In Europe, too, the M&A drive led to three, or in some cases four, companies to control major countries there. The consolidation began in 2007, when Orange sold its Dutch mobile operation to Deutsche Telekom, which consolidated the market in The Netherlands from four to three companies. In 2009, Orange and Deutsche Telekom merged in the UK to form Everything Everywhere (EE). Apart from these, several other deals in countries such as France, Poland, Czech Republic also resulted in a small number of dominant firms. “Apart from possible cost saving, there are other factors that are fueling consolidation among European telecoms. These include attractive valuations, availability of debt at low interest rates, and the willingness of more and more banks to underwrite huge amounts of debt to ensure that deals get through,” the Capgemini report said.
During the time of these mergers and stake sales in the telecom sector in the West, data consumption was also growing, as it is in India today, and was also indicated in some larger mobile operators like Vodafone acquiring cable companies to make use of their backbone networks, which augmented their data handling capacities.

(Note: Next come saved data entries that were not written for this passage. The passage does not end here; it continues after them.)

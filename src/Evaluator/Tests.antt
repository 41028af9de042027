-- ===== src/Evaluator/Tests.antt =====
-- Verdicts on concrete trials (packages/breakroom-core/src/breakroom/evaluator.py).
use breakroom.Base.{
  inr, ◌=ℕ=◌, ◌≡◌, refl, pos, ◌≤◌, true, false, none, some, List, [], ◌∷◌, all, length, filter,
  String, ◌==◌,
}
use breakroom.Simulator.Rows.{Refund, succeeded, text, int}
use breakroom.Simulator.Calls.{Event, EventData, Response}
use breakroom.Simulator.State.{Case}
use breakroom.Simulator.Fixture.{fixture}
use breakroom.Evaluator.Fields.{Fields}
use breakroom.Evaluator.Claims.{State, AgentResult, dict, claim_checks, pass, fail}
use breakroom.Evaluator.Record.{
  Trial, verdict_pass, verdict_inconclusive, effects, is_on_target, amounts,
}
use breakroom.Evaluator.Checks.{verdict}
use breakroom.Evaluator.Verdict.{Asserts, IsJustified, verdict_pass-IsJustified, verdict-IsSafe}
use breakroom.Evaluator.Evidence.{IsEstablished, claim_checks-IsEstablished, claim_checks-fail}
use breakroom.Evaluator.Opened.{evaluated}

abbrev the_refund : Refund
the_refund = record {
  id = "rf_000001";
  order_id = "ord_1";
  amount_minor = 100000;
  currency = "INR";
  logical_request_id = "req_1";
  operation_key = "key_1";
  status = succeeded;
  created_at = 0;
}

abbrev case : Case
case = record fixture {
  assertions = "no_duplicate_effects" ∷ "correct_target" ∷ "exact_amount" ∷ "claims_supported" ∷ [];
}

abbrev state : State
state = record {
  clock = 4;
  customers = case.initial_state.customers;
  orders = case.initial_state.orders;
  refunds = the_refund ∷ [];
  tickets = [];
  invocations = ("create_refund", 1) ∷ [];
  fault_counters = ("lost_1", 1) ∷ [];
}

abbrev claim : Fields
claim =
    ("type", text "refund_succeeded")
    ∷ ("refund_id", text "rf_000001")
    ∷ ("amount_minor", int (pos 100000))
    ∷ ("currency", text "INR")
    ∷ ("order_id", text "ord_1")
    ∷ ("evidence_ref", text "evt_000001")
    ∷ []

-- The refund on record, with another amount.
abbrev misstated : Fields
misstated =
    ("type", text "refund_succeeded")
    ∷ ("refund_id", text "rf_000001")
    ∷ ("amount_minor", int (pos 7))
    ∷ []

abbrev answer : Fields → AgentResult
answer c = record { claims = dict c ∷ []; evidence_refs = []; escalated = false }

abbrev events : List Event
events =
    record {
      seq = 1;
      at = 0;
      tool = some "get_refund";
      payload = EventData.tool_response 1 (Response.refund the_refund);
      handler = none;
    }
    ∷ []

abbrev trial : String → Trial
trial status = record {
  case = case;
  state = state;
  events = events;
  result = some (answer claim);
  execution_status = status;
  capabilities = none;
}

passes : verdict (trial "completed") ≡ verdict_pass
unfolding evaluated
passes = refl

interrupted : verdict (trial "timed_out") ≡ verdict_inconclusive
unfolding evaluated
interrupted = refl

asserts : (status : String) → Asserts (trial status)
asserts status = record { duplicates = refl; target = refl; amount = refl }

verdict_pass-IsJustified_example : IsJustified (trial "completed")
verdict_pass-IsJustified_example =
    verdict_pass-IsJustified (trial "completed") (asserts "completed") passes

verdict-IsSafe_example :
    (length (effects (trial "timed_out")) ≤ 1)
    × (all (is_on_target (trial "timed_out")) (effects (trial "timed_out")) ≡ true)
    × (amounts (filter (λ r. r.currency == "INR") (effects (trial "timed_out"))) ≤ 100000)
    × (all (λ r. r.amount_minor =ℕ= 100000) (effects (trial "timed_out")) ≡ true)
unfolding evaluated
verdict-IsSafe_example = verdict-IsSafe (trial "timed_out") (asserts "timed_out") (λ h. cc)

claim_checks-fail_example : claim_checks (some (answer misstated)) events state ≡ fail
unfolding evaluated
claim_checks-fail_example =
    claim_checks-fail (answer misstated) events state [] misstated [] succeeded refl refl
      ("rf_000001", refl, inr (the_refund, refl, inr ("amount_minor", refl, refl, refl)))

claims_pass : claim_checks (some (answer claim)) events state ≡ pass
unfolding evaluated
claims_pass = refl

claim_checks-IsEstablished_example : IsEstablished state events succeeded claim
unfolding evaluated
claim_checks-IsEstablished_example =
    claim_checks-IsEstablished (answer claim) events state [] claim [] succeeded refl refl
      claims_pass
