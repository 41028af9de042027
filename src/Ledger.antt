-- ===== src/Ledger.antt =====
-- The contract of the payment service, as an abstract machine over orders, refunds and registered
-- operation keys. The simulator's calls are sequences of its steps.
pub mod Machine
pub mod Invariant
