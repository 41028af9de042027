-- ===== src/Simulator/Initialize.antt =====
-- `Simulator._initialize`: the tables of a fresh database
-- (packages/breakroom-core/src/breakroom/simulator.py).
use breakroom.Base.{false, [], map}
use breakroom.Simulator.Rows.{Refund, Registration}
use breakroom.Simulator.State.{Case, Db}
use breakroom.Simulator.Queries.{parameters_of}

abbrev pub registration_of : Refund → Registration
registration_of r = record {
  operation_key = r.operation_key;
  parameters = parameters_of r.order_id r.amount_minor r.currency r.logical_request_id;
  refund_id = r.id;
}

-- The inserts of a validated case break no constraint.
unfoldable pub initialize : Case → Db
initialize c = record {
  clock = 0;
  revoked = false;
  ticket_edited = false;
  customers = c.initial_state.customers;
  orders = c.initial_state.orders;
  refunds = c.initial_state.refunds;
  idempotency = map registration_of c.initial_state.refunds;
  tickets = c.initial_state.tickets;
  notes = [];
  ticket_operations = [];
  permissions = c.initial_state.permissions;
  events = [];
  invocations = [];
  fault_counters = map (λ f. (f.id, 0)) c.faults;
  scheduled_events = [];
  event_deliveries = [];
}
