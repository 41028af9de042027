-- ===== src/Ledger/Machine.antt =====
-- The steps of the abstract payment machine: one refund is committed with its registration, or a
-- pending refund settles. It specifies packages/breakroom-core/src/breakroom/simulator.py.
use breakroom.Base.{◌+◌, ◌≤◌, ◌<◌, ◌≡◌, String, none, some, List, [], ◌∷◌, ◌++◌}
use breakroom.Simulator.Rows.{Order, Refund, RefundStatus, Registration}
use breakroom.Simulator.Queries.{find_order, find_refund, find_registration, reserved}
use breakroom.Simulator.Clock.{settle}
use breakroom.Simulator.Initialize.{registration_of}

pub record Ledger : Type 0 where
  pub orders : List Order
  pub refunds : List Refund
  pub registry : List Registration

-- What has to hold for a refund to be committed.
pub record Allowed (l : Ledger) (r : Refund) : Type 0 where
  pub order : Order
  pub owned : find_order r.order_id l.orders ≡ some order
  pub paid : order.status ≡ "paid"
  pub positive : 0 < r.amount_minor
  pub covered : r.amount_minor + reserved r.order_id l.refunds ≤ order.amount_minor
  pub currency : r.currency ≡ order.currency
  pub fresh_id : find_refund r.id l.refunds ≡ none
  pub fresh_key : find_registration r.operation_key l.registry ≡ none

abbrev pub committed : Ledger → Refund → Ledger
committed l r = record l {
  refunds = l.refunds ++ r ∷ [];
  registry = l.registry ++ registration_of r ∷ [];
}

abbrev pub settled : Ledger → String → RefundStatus → Ledger
settled l id status = record l { refunds = settle id status l.refunds }

-- Only the simulator's clock settles refunds; a call commits one at most.
pub data Step (l m : Ledger) : Type 0 where
  commit : (r : Refund) → Allowed l r → m ≡ committed l r → Step l m
  settling : (id : String) (status : RefundStatus) → m ≡ settled l id status → Step l m

pub data Reach (l : Ledger) : Ledger → Type 0 where
  here : Reach l l
  next : {m n : Ledger} → Reach l m → Step m n → Reach l n

pub Reach-trans : {l m n : Ledger} → Reach l m → Reach m n → Reach l n
Reach-trans p here = p
Reach-trans p (next q s) = next (Reach-trans p q) s

pub Reach-one : {l m : Ledger} → Step l m → Reach l m
Reach-one s = next here s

While the merger of Vodafone’s India operations with Idea Cellular could strengthen the situation of the companies in a scenario where the entire tariff paradigm has been challenged by a new entrant, both the operators have also indicated that the deal could catalyse investments from the companies into newer technologies for data services. “The combination of the two companies’ networks and spectrum holdings, together with continued investment, will accelerate the pan-India expansion of wireless broadband services on 4G/4G+/5G technologies to build capacity, supporting the expansion of digital content and IoT (internet of things) services and delivering a world-class broadband experience to customers,” the companies said in a statement.
If India were to follow the footsteps of the West, the next wave of consolidation could be seen in form of telecom operators acquiring media companies to have control over the content offerings. This has been made evident not only by AT&T’s proposed acquisition of Time Warner, but also by content companies such as Google, Facebook, and Amazon getting into the business of providing internet access. This activity in the US provides insights for regulators here to prep themselves for such a potential consolidation drive. “Few regulators have the tools or the experience to properly oversee the smooth functioning of modern electronic communications service markets and we believe there should be a concerted effort by these agencies to catch up in 2017,” BMI Research said in an article.
“The FCC itself can be considered unfit for purpose in the broadband era, where it has singularly failed to promote or develop competition at the market or state level; in many parts of the US, choice is limited to one provider and where such providers’ own traffic/services are increasingly being sidelined by external network-agnostic service providers,” the article noted.